In cytochrome c oxidase synthetic modeling studies, we recently reported a new mu-eta2:eta2-peroxo binding mode in the heteronuclear heme/copper complex [(2L)Fe(III)-(O2(2-))-CuII]+ (6) which is effected by tridentate copper chelation (J. Am. Chem. Soc. 2004, 126, 12716).

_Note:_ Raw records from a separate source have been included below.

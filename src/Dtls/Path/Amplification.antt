-- ===== src/Dtls/Path/Amplification.antt =====
-- How much is sent to addresses that are not validated.
use socat.Dtls.Rtt.{initial_path_challenge, path_challenge_timer}
use socat.Dtls.Record.{content_rrc, RecordNumber}
use socat.Dtls.Sending.{Sender}
use socat.Dtls.Path.{
  validate_candidate, is_candidate_phase, record_after, observe, observe_newest, validate_old,
  basic_with, path_challenge, add_credit, start_probe, challenge_probe, observe_probe, uint64,
  start_basic, challenge, send_message, hand_over, deliver_other, transmit,
}
use socat.Dtls.Error.{ok, err, Result, Error}
use socat.Dtls.Path.{
  same_path, deliver, charge, transmit_within, PathProbe, Sent, PacketPath, PathState,
}
use socat.Prelude.{
  ltb, max, ◌||◌, not, replicate, ◌*◌, refl, ap, ◌-◌, true, arith, [], ◌==◌, ◌≡◌, ◌≤◌, Bytes, false,
  length, none, if◌then◌else◌, some, ◌∷◌, ◌+◌, Bool, Option, List, ℕ,
}

-- The bytes that were sent to other addresses than that of the peer at the time.
unfoldable pub unvalidated : List Sent → ℕ
unvalidated [] = 0
unvalidated (s ∷ rest) = (if s.to_peer then 0 else length s.packet) + unvalidated rest

abbrev pub probe_credit : Option PathProbe → ℕ
probe_credit none = 0
probe_credit (some b) = b.credit

-- What was sent to addresses that are not validated, and what may still be sent.
abbrev pub exposure : PathState → ℕ
exposure p = unvalidated p.sent + probe_credit p.probe

-- Whether a path is that of the candidate.
abbrev pub for_candidate : PacketPath → Option PathProbe → Bool
for_candidate to none = false
for_candidate to (some b) = same_path to b.candidate

module _ (allow : ℕ → Bool) (answer : List Sent → Option Error) where
  transmit-exposure :
      (to : PacketPath) (packet : Bytes) (p : PathState)
      → exposure (transmit allow answer to packet p).1 ≤ exposure p + length packet
  unfolding transmit unvalidated
  transmit-exposure to packet p = ground arith

  transmit_peer-exposure :
      (to : PacketPath) (packet : Bytes) (p : PathState)
      → (to.remote == p.peer.remote) ≡ true
      → exposure (transmit allow answer to packet p).1 ≤ exposure p
  unfolding transmit unvalidated
  transmit_peer-exposure to packet p h = ground arith

  transmit_within-exposure :
      (credit : ℕ) (to : PacketPath) (packet : Bytes) (p : PathState)
      → exposure (transmit_within allow answer credit to packet p).1 ≤ exposure p + credit
  unfolding transmit_within
  transmit_within-exposure credit to packet p =
      let sent = transmit-exposure to packet p in ground arith

  charge-exposure :
      (b : PathProbe) (to : PacketPath) (packet : Bytes) (p : PathState)
      → p.probe ≡ some b
      → exposure (charge allow answer b to packet p).1 ≤ exposure p
  unfolding charge
  charge-exposure b to packet p h =
      let paid = record p { probe = some (record b { credit = b.credit - length packet }) } in
      let sent = transmit-exposure to packet paid in
      let held : probe_credit p.probe ≡ b.credit = ap probe_credit h in ground arith

  deliver_other-exposure :
      (o : Option PathProbe) (credit : ℕ) (to : PacketPath) (packet : Bytes) (p : PathState)
      → p.probe ≡ o
      → exposure (deliver_other allow answer o credit to packet p).1
        ≤ exposure p + (if for_candidate to o then 0 else credit)
  unfolding deliver_other
  deliver_other-exposure none credit to packet p h = transmit_within-exposure credit to packet p
  deliver_other-exposure (some b) credit to packet p h =
      let paid = charge-exposure b to packet p h in
      let other = transmit_within-exposure credit to packet p in ground arith

  -- A message is paid by the credit of the call, or by the credit of the probe if it is for the
  -- candidate.
  deliver-exposure :
      (credit : ℕ) (to : PacketPath) (packet : Bytes) (p : PathState)
      → exposure (deliver allow answer credit to packet p).1
        ≤ exposure p + (if for_candidate to p.probe then 0 else credit)
  unfolding deliver
  deliver-exposure credit to packet p =
      let own = transmit_peer-exposure to packet p in
      let other = deliver_other-exposure p.probe credit to packet p refl in ground arith

  hand_over-exposure :
      (r : Result (Bytes × Sender)) (to : PacketPath) (credit : ℕ) (p : PathState)
      → exposure (hand_over allow answer r to credit p).1
        ≤ exposure p + (if for_candidate to p.probe then 0 else credit)
  unfolding hand_over
  hand_over-exposure (err e) to credit p = omega arith
  hand_over-exposure (ok (packet, sender)) to credit p =
      deliver-exposure credit to packet
        (record p { session = record (p.session) { sender = sender } })

  pub send_message-exposure :
      (to : PacketPath) (typ : ℕ) (cookie : Bytes) (credit : ℕ) (p : PathState)
      → exposure (send_message allow answer to typ cookie credit p).1
        ≤ exposure p + (if for_candidate to p.probe then 0 else credit)
  unfolding send_message
  send_message-exposure to typ cookie credit p = hand_over-exposure _ to credit p

  at_most_nothing : (b : Bool) → (if◌then◌else◌ {A = ℕ} b 0 0) ≡ 0
  at_most_nothing true = refl
  at_most_nothing false = refl

  -- A message without a credit of its own is paid by the probe.
  send_paid-exposure :
      (to : PacketPath) (typ : ℕ) (cookie : Bytes) (p : PathState)
      → exposure (send_message allow answer to typ cookie 0 p).1 ≤ exposure p
  send_paid-exposure to typ cookie p =
      omega
        (arith, send_message-exposure to typ cookie 0 p, at_most_nothing (for_candidate to p.probe))

  -- A challenge is paid by the credit of its probe.
  challenge-exposure :
      (b : PathProbe) (now : ℕ) (random : Result Bytes) (p : PathState)
      → exposure (challenge allow answer b now random p).1 ≤ unvalidated p.sent + b.credit
  unfolding challenge challenge_probe
  challenge-exposure b now (err e) p = omega arith
  challenge-exposure b now (ok cookie) p =
      let usual = path_challenge_timer p.session.rtt in
      let later = is_candidate_phase b.phase in
      let timeout = if later then max usual initial_path_challenge else usual in
      let destination = if later then b.candidate else p.peer in
      send_paid-exposure destination path_challenge cookie
        (record p { probe = some (record b { cookie = cookie; deadline = now + timeout }) })

  basic_with-exposure :
      (spare : List Bytes) (b : PathProbe) (now : ℕ) (random : Result Bytes) (p : PathState)
      → exposure (basic_with allow answer spare b now random p).1 ≤ unvalidated p.sent + b.credit
  unfolding basic_with
  basic_with-exposure [] b now random p =
      challenge-exposure (record b { phase = validate_candidate; cid = p.session.peer_cid }) now
        random p
  basic_with-exposure (id ∷ spare) b now random p =
      challenge-exposure (record b { phase = validate_candidate; cid = id }) now random
        (record p {
          session = record (p.session) { peer_spare = spare; want = ltb (length spare) 2 };
        })

  pub start_basic-exposure :
      (b : PathProbe) (now : ℕ) (random : Result Bytes) (p : PathState)
      → p.probe ≡ some b
      → exposure (start_basic allow answer b now random p).1 ≤ exposure p
  unfolding start_basic
  start_basic-exposure b now random p h =
      let held : probe_credit p.probe ≡ b.credit = ap probe_credit h in
      omega (arith, basic_with-exposure p.session.peer_spare b now random p)

  pub uint64-le : (n : ℕ) → uint64 n ≤ n
  uint64-le n = omega arith

  pub add_credit-le : (size : ℕ) (b : PathProbe) → (add_credit size b).credit ≤ b.credit + 3 * size
  unfolding add_credit
  add_credit-le size b =
      omega (arith, uint64-le (3 * size), uint64-le (b.credit + uint64 (3 * size)))

  start_probe-exposure :
      (from : PacketPath) (size now : ℕ) (random : Result Bytes) (p : PathState)
      → exposure (start_probe allow answer from size now random p).1 ≤ exposure p + 3 * size
  unfolding start_probe
  start_probe-exposure from size now random p =
      let made =
        challenge-exposure
          (record {
            candidate = from;
            phase = validate_old;
            cookie = replicate 8 0;
            deadline = 0;
            credit = uint64 (3 * size);
            cid = [];
          })
          now random p in
      omega (arith, made, uint64-le (3 * size))

  observe_probe-exposure :
      (o : Option PathProbe) (newest : Bool) (from : PacketPath) (size now : ℕ)
      (random : Result Bytes) (p : PathState)
      → p.probe ≡ o
      → exposure (observe_probe allow answer o newest from size now random p).1
        ≤ exposure p + 3 * size
  unfolding observe_probe
  observe_probe-exposure (some b) newest from size now random p h =
      let held : probe_credit p.probe ≡ b.credit = ap probe_credit h in
      ground (arith, add_credit-le size b)
  observe_probe-exposure none newest from size now random p h =
      let made = start_probe-exposure from size now random p in ground arith

  -- What observe allows to be sent: three times the record, unless it is one of the path protocol.
  observe_newest-exposure :
      (newest : Bool) (from : PacketPath) (number : RecordNumber) (typ size now : ℕ)
      (random : Result Bytes) (p : PathState)
      → exposure (observe_newest allow answer newest from number typ size now random p).1
        ≤ exposure p + (if typ == content_rrc then 0 else 3 * size)
  unfolding observe_newest
  observe_newest-exposure newest from number typ size now random p =
      let made = observe_probe-exposure p.probe newest from size now random p refl in ground arith

  noted-exposure :
      (newest : Bool) (number : RecordNumber) (p : PathState)
      → exposure (if newest then record p { highest = number; seen = true } else p) ≡ exposure p
  noted-exposure true number p = refl
  noted-exposure false number p = refl

  pub observe-exposure :
      (from : PacketPath) (number : RecordNumber) (typ size now : ℕ) (random : Result Bytes)
      (p : PathState)
      → exposure (observe allow answer from number typ size now random p).1
        ≤ exposure p + (if typ == content_rrc then 0 else 3 * size)
  unfolding observe
  observe-exposure from number typ size now random p =
      let newest = not p.seen || record_after number p.highest in
      let noted = noted-exposure newest number p in
      omega (
        arith,
        noted,
        observe_newest-exposure newest from number typ size now random
            (if newest then record p { highest = number; seen = true } else p),
      )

To establish fundamental coordination and O2-reactivity chemistry, we have studied and describe here (i) the structure and dioxygen reactivity of the copper-free compound (2L)FeII (1), (ii) detailed spectroscopic properties of 6 in comparisons with those of known mu-eta2:eta1 heme-peroxo-copper complexes, (iii) formation of 6 from the reactions of [(2L)FeIICuI]+ (3) and dioxygen by stopped-flow kinetics, and (iv) reactivities of 6 with CO and PPh3. In the absence of copper, 1 serves as a myoglobin model compound possessing a pyridine-bound five-coordinate iron(II)-porphyrinate which undergoes reversible dioxygen binding. Oxygenation of 3 below -60 degrees C generates the heme-peroxo-copper complex 6 with strong antiferromagnetic coupling between high-spin iron(III) and copper(II) to yield an S = 2 spin system. Stopped-flow kinetics in CH2Cl2/6% EtCN show that dioxygen reacts with iron(II) first to form a heme-superoxide moiety, [(EtCN)(2L)FeIII-(O2-)...CuI(EtCN)]+ (5), which further reacts with Cu(I) to generate 6. Compared to those properties of a known mu-eta2:eta1-heme-peroxo-copper complex, 6 has a significantly diminished resonance Raman nu(O-O) stretching frequency at 747 cm(-1) and distinctive visible absorptions at 485, 541, and 572 nm, all of which seem to be characteristics of a mu-eta2:eta2-heme-peroxo-copper system. Addition of CO or PPh3 to 6 yields a bis-CO adduct of 3 or a PPh(3) adduct of 5, the latter with a remaining FeIII-(O2-) moiety.